Ist deine Frage damit beantwortet und das Problem gelöst?

Ansonsten zeig doch mal den Quellcode, denn "normalerweise" werden die beiden Attribute von beiden Browsern einheitlich interpretiert.


----------



## Nepheus (6. Dezember 2006)

Hier den Link mal mit IE und Firefox öffnen

IE is oben und unten n balken, Firefox net ...


----------



## Maik (6. Dezember 2006)

Bitte validiere das XHTML-Dokument -> Validator-Result

Einer der 270  gemeldeten Fehler könnte der Schlüssel zum Erfolg sein.


----------



## herrgarnele (6. Dezember 2006)

270!
Respect!!

(Sorry für offtopic, aber sowas hab ich noch net gesehn!
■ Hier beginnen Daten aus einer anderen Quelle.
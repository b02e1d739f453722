-- ===== src/Historian/Queries.antt =====
-- What the queries of the historian return.
use geopilot_hvac.Prelude.{
  ◌⊎◌, ap, ◌∙◌, Bool, subst, sym, ◌≡◌, ◌↔◌, refl, arith, true, false, ◌&&◌, Bool-cases, inl, inr,
  Option, none, some, List, [], ◌∷◌, Text, ◌==◌, eq_iff, ok, ◌≤ℤ◌,
}
use geopilot_hvac.Prelude.Sort.{keep, sort, IsSorted, sort-IsSorted, sort-Perm, Mem-keep, keep-Mem}
use mathlib.Core.List.{Mem, mem-cons, mem-cons_self, mem-cons_of_mem, not-mem-nil}
use mathlib.Core.Logic.Or
use mathlib.Core.List.Perm
use geopilot_hvac.Datetime.{Datetime}
use geopilot_hvac.Domain.Observation.{Measurement}
use geopilot_hvac.Historian.{
  Historian, leb_key, in_window, validate_window, query_sensor, latest_for_sensor, greatest,
  greatest_of,
}
use geopilot_hvac.Historian.Order.{leb_key_total, leb_key_trans}

abbrev pub IsFrom : Option Datetime → Datetime → Type 0
IsFrom none at = Unit
IsFrom (some start) at = start.instant ≤ℤ at.instant

abbrev pub IsUntil : Option Datetime → Datetime → Type 0
IsUntil none at = Unit
IsUntil (some end) at = end.instant ≤ℤ at.instant → ⊥

-- From the start on, where there is one, and before the end, where there is one.
abbrev pub IsInWindow : Option Datetime → Option Datetime → Datetime → Type 0
IsInWindow start end at = IsFrom start at × IsUntil end at

in_window_lem :
    (start end : Option Datetime) (at : Datetime)
    → (in_window start end at ≡ true) ↔ IsInWindow start end at
unfolding in_window
in_window_lem none none at = (λ h. (tt, tt), λ h. refl)
in_window_lem (some s) none at = (λ h. (ground arith, tt), λ (h, _). ground arith)
in_window_lem none (some e) at = (λ h. (tt, λ le. ground arith), λ (_, h). ground arith)
in_window_lem (some s) (some e) at =
    (λ h. (ground arith, λ le. ground arith), λ (h, k). ground arith)

and_parts : (a b : Bool) → a && b ≡ true → (a ≡ true) × (b ≡ true)
and_parts true b h = (refl, h)
and_parts false b h = cc h

query_sensor_ok :
    {V : Type 0} (sensor_id : Text) (start end : Option Datetime) (h : Historian V)
    {ms : List (Measurement V)}
    → query_sensor sensor_id start end h ≡ ok ms
    → ms
      ≡ sort leb_key
          (keep (λ m. m.sensor_id == sensor_id && in_window start end m.observed_at) h.measurements)
unfolding query_sensor validate_window
query_sensor_ok sensor_id start end h e = ground arith

-- What a query for a sensor returns is in the order of observation, arrival and id, and a
-- measurement is in it exactly if the historian has it, it is the sensor's, and it was observed
-- from the start on and before the end, where the query has a start or an end.
pub query_sensor_sound :
    {V : Type 0} (sensor_id : Text) (start end : Option Datetime) (h : Historian V)
    (ms : List (Measurement V))
    → query_sensor sensor_id start end h ≡ ok ms
    → IsSorted leb_key ms
      × ((m : Measurement V)
          → (Mem m ms
              → Mem m h.measurements
                × (m.sensor_id ≡ sensor_id)
                × IsInWindow start end m.observed_at)
            × (Mem m h.measurements
                → m.sensor_id ≡ sensor_id
                → IsInWindow start end m.observed_at
                → Mem m ms))
query_sensor_sound sensor_id start end h ms e =
    let test =
      λ (m : Measurement _). m.sensor_id == sensor_id && in_window start end m.observed_at in
    let found = keep test h.measurements in
    let is_sorted = query_sensor_ok sensor_id start end h e in
    (
      subst (IsSorted leb_key) (sym is_sorted) (sort-IsSorted leb_key leb_key_total found),
      λ m. (
        λ there.
            let (stored, passes) =
              Mem-keep test m h.measurements
                (Perm.subset (sort-Perm leb_key found) m (subst (Mem m) is_sorted there)) in
            let (named, inside) = and_parts _ _ passes in
            (
              stored,
              (eq_iff m.sensor_id sensor_id).0 named,
              (in_window_lem start end m.observed_at).0 inside,
            ),
        λ stored named inside.
            let passes : test m ≡ true =
              rw
                (
                  (eq_iff m.sensor_id sensor_id).1 named,
                  (in_window_lem start end m.observed_at).1 inside,
                )
                refl in
            subst (Mem m) (sym is_sorted) (
              Perm.subset (Perm.symm (sort-Perm leb_key found)) m
                (keep-Mem test m h.measurements stored passes)),
      ),
    )

leb_key_refl : {V : Type 0} (m : Measurement V) → leb_key m m ≡ true
leb_key_refl m = elim (Bool-cases (leb_key m m)) [ inl e ↦ e | inr e ↦ leb_key_total m m e ]

-- `g` is one of the list, and none of the list is greater.
IsGreatest : {V : Type 0} → Measurement V → List (Measurement V) → Type 0
IsGreatest {V} g ms = Mem g ms × ((m : Measurement V) → Mem m ms → leb_key m g ≡ true)

-- The greater of the first two items stands for both.
IsGreatest-cons :
    {V : Type 0} (best n next g : Measurement V) (ms : List (Measurement V))
    → ((next ≡ best) ⊎ (next ≡ n))
    → leb_key best next ≡ true
    → leb_key n next ≡ true
    → IsGreatest g (next ∷ ms)
    → IsGreatest g (best ∷ n ∷ ms)
unfolding IsGreatest
IsGreatest-cons best n next g ms which first second (there, above) =
    let up = above next mem-cons_self in
    (
      Or.elim {C = Mem g (best ∷ n ∷ ms)} (hlevel) (mem-cons.0 there)
          (λ e. elim which [
            | inl b ↦ mem-cons.1 ∣ inl (e ∙ b) ∣₁
            | inr b ↦ mem-cons_of_mem best (mem-cons.1 ∣ inl (e ∙ b) ∣₁)
          ])
          (λ t. mem-cons_of_mem best (mem-cons_of_mem n t)),
      λ m t.
          Or.elim {C = leb_key m g ≡ true} (hlevel) (mem-cons.0 t)
            (λ e. leb_key_trans m next g (ap (λ k. leb_key k next) e ∙ first) up)
            (λ t'.
              Or.elim {C = leb_key m g ≡ true} (hlevel) (mem-cons.0 t')
                (λ e. leb_key_trans m next g (ap (λ k. leb_key k next) e ∙ second) up)
                (λ t''. above m (mem-cons_of_mem next t''))),
    )

greatest-IsGreatest :
    {V : Type 0} (best : Measurement V) (ms : List (Measurement V))
    → IsGreatest (greatest best ms) (best ∷ ms)
unfolding greatest IsGreatest
greatest-IsGreatest best [] = (
  mem-cons_self,
  λ m there.
      Or.elim {C = leb_key m best ≡ true} (hlevel) (mem-cons.0 there)
        (λ e. ap (λ k. leb_key k best) e ∙ leb_key_refl best) (λ t. absurd (not-mem-nil t)),
)
greatest-IsGreatest best (n ∷ ms) = elim (Bool-cases (leb_key n best)) [
  | inl e ↦ rw e (
      IsGreatest-cons best n best (greatest best ms) ms (inl refl) (leb_key_refl best) e
        (greatest-IsGreatest best ms))
  | inr e ↦ rw e (
      IsGreatest-cons best n n (greatest n ms) ms (inr refl) (leb_key_total n best e)
        (leb_key_refl n) (greatest-IsGreatest n ms))
]

-- A list with a member has a greatest item.
greatest_of_lem :
    {V : Type 0} (ms : List (Measurement V)) (m : Measurement V)
    → Mem m ms
    → (best : Measurement V) × (greatest_of ms ≡ some best) × IsGreatest best ms
unfolding greatest_of
greatest_of_lem [] m there = absurd (not-mem-nil there)
greatest_of_lem (n ∷ ms) m there = (greatest n ms, refl, greatest-IsGreatest n ms)

latest_for_sensor_ok :
    {V : Type 0} (sensor_id : Text) (h : Historian V) {latest : Option (Measurement V)}
    → latest_for_sensor sensor_id h ≡ ok latest
    → latest ≡ greatest_of (keep (λ m. m.sensor_id == sensor_id) h.measurements)
unfolding latest_for_sensor
latest_for_sensor_ok sensor_id h e = ground arith

-- Where the historian has a measurement of a sensor, the latest measurement of the sensor is one
-- that it has, of that sensor, and no measurement of the sensor comes after it in the order of
-- observation, arrival and id.
pub latest_for_sensor_greatest :
    {V : Type 0} (sensor_id : Text) (h : Historian V) (latest : Option (Measurement V))
    → latest_for_sensor sensor_id h ≡ ok latest
    → (m : Measurement V) → Mem m h.measurements
    → m.sensor_id ≡ sensor_id
    → (best : Measurement V) × (latest ≡ some best)
      × (Mem best h.measurements)
      × (best.sensor_id ≡ sensor_id)
      × (leb_key m best ≡ true)
unfolding IsGreatest
latest_for_sensor_greatest sensor_id h latest e m stored named =
    let test = λ (n : Measurement _). n.sensor_id == sensor_id in
    let found = keep test h.measurements in
    let there = keep-Mem test m h.measurements stored ((eq_iff m.sensor_id sensor_id).1 named) in
    let (best, is_best, (one, above)) = greatest_of_lem found m there in
    let (held, own) = Mem-keep test best h.measurements one in
    (
      best,
      latest_for_sensor_ok sensor_id h e ∙ is_best,
      held,
      (eq_iff best.sensor_id sensor_id).0 own,
      above m there,
    )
Ist auch gar net bös gemeint!)


----------



## mAu (6. Dezember 2006)

herrgarnele hat gesagt.:


> 270!
> Respect!!
> 
> (Sorry für offtopic, aber sowas hab ich noch net gesehn! Ist auch gar net bös gemeint!)



Sowas ist leider keine Seltenheit im Internet, ich hab schon Seiten mit 400 und mehr Fehlern gesehen...


----------



## Nepheus (6. Dezember 2006)

mal ganz ehrlich, ich versteh net was da falsch sein soll, wieso zeigt der denn soviele Fehler, werden die Werte net mit "" angegeben? Der Rest ist halt im Code von den PHP Scripten...Kann mir ma jemand sagen wie das richtig sein sollte? =/


----------



## mAu (6. Dezember 2006)

Er sagt dir doch was falsch ist, wo ist das Problem? Z.B...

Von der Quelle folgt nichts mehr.